It's a redundant layer (i.e., it doesn't serve a purpose yet, and will need to change before it could).

By that definition, all unfinished code is redundant. Edgar's abstraction layer is simply incomplete.

axilmar
Member #1,204
April 2001

bamccaig said:

so that pretty much makes the current abstraction layer not really an abstraction at all, but a redundant layer.

This is all I was referring to. If the abstraction layer needs to change in order to accommodate the other backends then it's not really an abstraction layer. It's a redundant layer (i.e., it doesn't serve a purpose yet, and will need to change before it could). Not trying to insult your library which I know nothing about (I admire your aspirations and efforts).

Exactly.

You have to start somewhere. Most people aren't going to sit down and look at all of the possible backends and design the ONE TRUE API that fits all of them. Most start with one or two, and will refactor as needed.

By that definition, all unfinished code is redundant.
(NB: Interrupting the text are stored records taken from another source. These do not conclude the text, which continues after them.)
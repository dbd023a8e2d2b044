-- ===== src/Examples/Filesystem.antt =====
-- Runs over the seeded filesystem of the mock backend.
use research_ssh_next.Prelude.{
  Text, true, false, not, ◌&&◌, ◌||◌, ◌≡◌, refl, ◌⊎◌, inl, [], ◌∷◌, ◌++◌, none, some, codes,
  text_eq, text_eq_iff, starts_with, strip_prefix, trim_end, lookup, contains, erase, insert,
  retain, erase_all, insert_all, if◌then◌else◌, or_else, contains_char, replace_first, arith,
}
use mathlib.Core.List.{Perm}
use research_ssh_next.Core.{done}
use research_ssh_next.Fs.{FileEntry}
use research_ssh_next.MockFs.{
  MockFs, dir_prefix, in_subtree, rename, copy, remove, move_files, renamed_file, any_key,
  has_children, children, entry, stat, child_name, is_child_name, child_dirs, child_files,
  base_name, mkdir, read_file, resolve,
}
use research_ssh_next.MockFs.Subtree.Rename.{moved_file, rename-dir, copy-dir, rename-copy-file}
use research_ssh_next.MockFs.Subtree.Prefix.{moved_dir}
use research_ssh_next.MockFs.Subtree.Remove.{
  remove_gone, remove_frame, remove_not_empty, not_empty, HasBelow,
}
use research_ssh_next.MockFs.Contents.Children.{children-IsSorted-perm}
use research_ssh_next.MockFs.Contents.Stable.{peers}
use research_ssh_next.MockFs.Contents.Sorting.{IsSorted}
use research_ssh_next.MockFs.Contents.Stat.{stat-children, IsDisjoint}

abbrev home : Text
home = codes "/h"

abbrev notes : Text
notes = codes "/h/n.md"

-- A directory with one file.
abbrev small : MockFs
small = record { dirs = (home, tt) ∷ []; files = (notes, 1 ∷ 2 ∷ 3 ∷ []) ∷ [] }

abbrev backup : Text
backup = codes "/b"

rename-dir_example :
    ((rename home backup small).0 ≡ done tt)
    × (lookup (codes "/b/n.md") (rename home backup small).1.files
        ≡ or_else (moved_file home backup small.files (codes "/b/n.md")) (
            if starts_with (dir_prefix home) (codes "/b/n.md")
            then none
            else lookup (codes "/b/n.md") small.files))
    × (contains (codes "/b/n.md") (rename home backup small).1.dirs ≡ (
        moved_dir home backup small.dirs (codes "/b/n.md")
        || (not (in_subtree home (codes "/b/n.md")) && contains (codes "/b/n.md") small.dirs)))
unfolding lookup contains text_eq
rename-dir_example = rename-dir home backup small (codes "/b/n.md") refl refl

-- The renamed file, at its new path.
rename_moves_file :
    lookup (codes "/b/n.md") (rename home backup small).1.files ≡ some (1 ∷ 2 ∷ 3 ∷ [])
unfolding rename move_files renamed_file lookup contains text_eq starts_with dir_prefix trim_end
    replace_first erase insert retain erase_all insert_all
rename_moves_file = refl

copy-dir_example :
    ((copy home backup small).0 ≡ done tt)
    × (lookup (codes "/b/n.md") (copy home backup small).1.files
        ≡ or_else
            (moved_file home backup small.files (codes "/b/n.md"))
            (lookup (codes "/b/n.md") small.files))
    × (contains (codes "/b/n.md") (copy home backup small).1.dirs ≡ (
        moved_dir home backup small.dirs (codes "/b/n.md")
        || contains (codes "/b/n.md") small.dirs))
unfolding lookup contains text_eq
copy-dir_example = copy-dir home backup small (codes "/b/n.md") refl refl

rename-copy-file_example :
    ((rename notes backup small).0 ≡ done tt)
    × (lookup notes (rename notes backup small).1.files ≡ (
        if text_eq backup notes
        then some (1 ∷ 2 ∷ 3 ∷ [])
        else if text_eq notes notes
        then none
        else lookup notes small.files))
    × ((rename notes backup small).1.dirs ≡ small.dirs)
    × ((copy notes backup small).0 ≡ done tt)
    × (lookup notes (copy notes backup small).1.files
        ≡ (if text_eq backup notes then some (1 ∷ 2 ∷ 3 ∷ []) else lookup notes small.files))
    × ((copy notes backup small).1.dirs ≡ small.dirs)
unfolding lookup text_eq
rename-copy-file_example = rename-copy-file notes backup small notes (1 ∷ 2 ∷ 3 ∷ []) refl

remove_frame_example :
    (lookup notes (remove backup true small).1.files ≡ lookup notes small.files)
    × (contains notes (remove backup true small).1.dirs ≡ contains notes small.dirs)
unfolding in_subtree dir_prefix text_eq starts_with trim_end
remove_frame_example = remove_frame backup true small notes refl

remove_gone_example :
    (contains notes (remove home true small).1.dirs ≡ false)
    × (starts_with (dir_prefix home) notes ≡ true
        → lookup notes (remove home true small).1.files ≡ none)
unfolding in_subtree dir_prefix text_eq starts_with trim_end lookup remove contains has_children
    any_key
remove_gone_example = remove_gone home true small notes refl refl refl

abbrev bare : MockFs
bare = record { dirs = (home, tt) ∷ []; files = [] }

remove_not_empty_example :
    ((remove home false small ≡ (not_empty, small)) × HasBelow home small)
    ⊎ (((remove home false small).0 ≡ done tt) × ¬ HasBelow home small)
unfolding text_eq lookup contains
remove_not_empty_example = remove_not_empty home small refl refl

abbrev texts : MockFs
texts = record { dirs = []; files = (notes, codes "abc") ∷ [] }

abbrev notes_entry : FileEntry
notes_entry = entry notes (codes "n.md") false 3

children-IsSorted-perm_example :
    let collected =
      child_dirs (dir_prefix home) small.dirs ++ child_files (dir_prefix home) small.files in
    IsSorted (children home small)
    × Perm (children home small) collected
    × (peers notes_entry (children home small) ≡ peers notes_entry collected)
children-IsSorted-perm_example = children-IsSorted-perm home small notes_entry

small-IsDisjoint : IsDisjoint small
unfolding contains lookup
small-IsDisjoint j h = ground (arith, text_eq_iff home j, text_eq_iff notes j)

stat-children_example : stat notes small ≡ (done notes_entry, small)
unfolding contains lookup entry children dir_prefix trim_end child_name strip_prefix is_child_name
    contains_char text_eq
stat-children_example = stat-children home small notes_entry small-IsDisjoint (refl, tt) (inl refl)

-- The path of a file can be made a directory: `stat` then finds the directory, `read_file` the file.
mkdir_over_file :
    ((stat notes (mkdir notes small).1).0 ≡ done (entry notes (codes "n.md") true 0))
    × ((read_file notes 0 (mkdir notes small).1).0 ≡ done (1 ∷ 2 ∷ 3 ∷ []))
unfolding mkdir stat read_file resolve base_name contains insert erase lookup text_eq contains_char
mkdir_over_file = (refl, refl)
Edgar's abstraction layer is simply incomplete.

Refactoring is one thing, throwing away the code and starting over is another.

Why don't you people go review Edgar's code? you will understand what I and bamccaig is saying. Edgar has also incorporated Allegro event sources to his library. We are talking about design 1:1 to Allegro.

Come on people, let's quickly finish this round of discussion. Edgar's code may contain some good pieces, we may reuse them.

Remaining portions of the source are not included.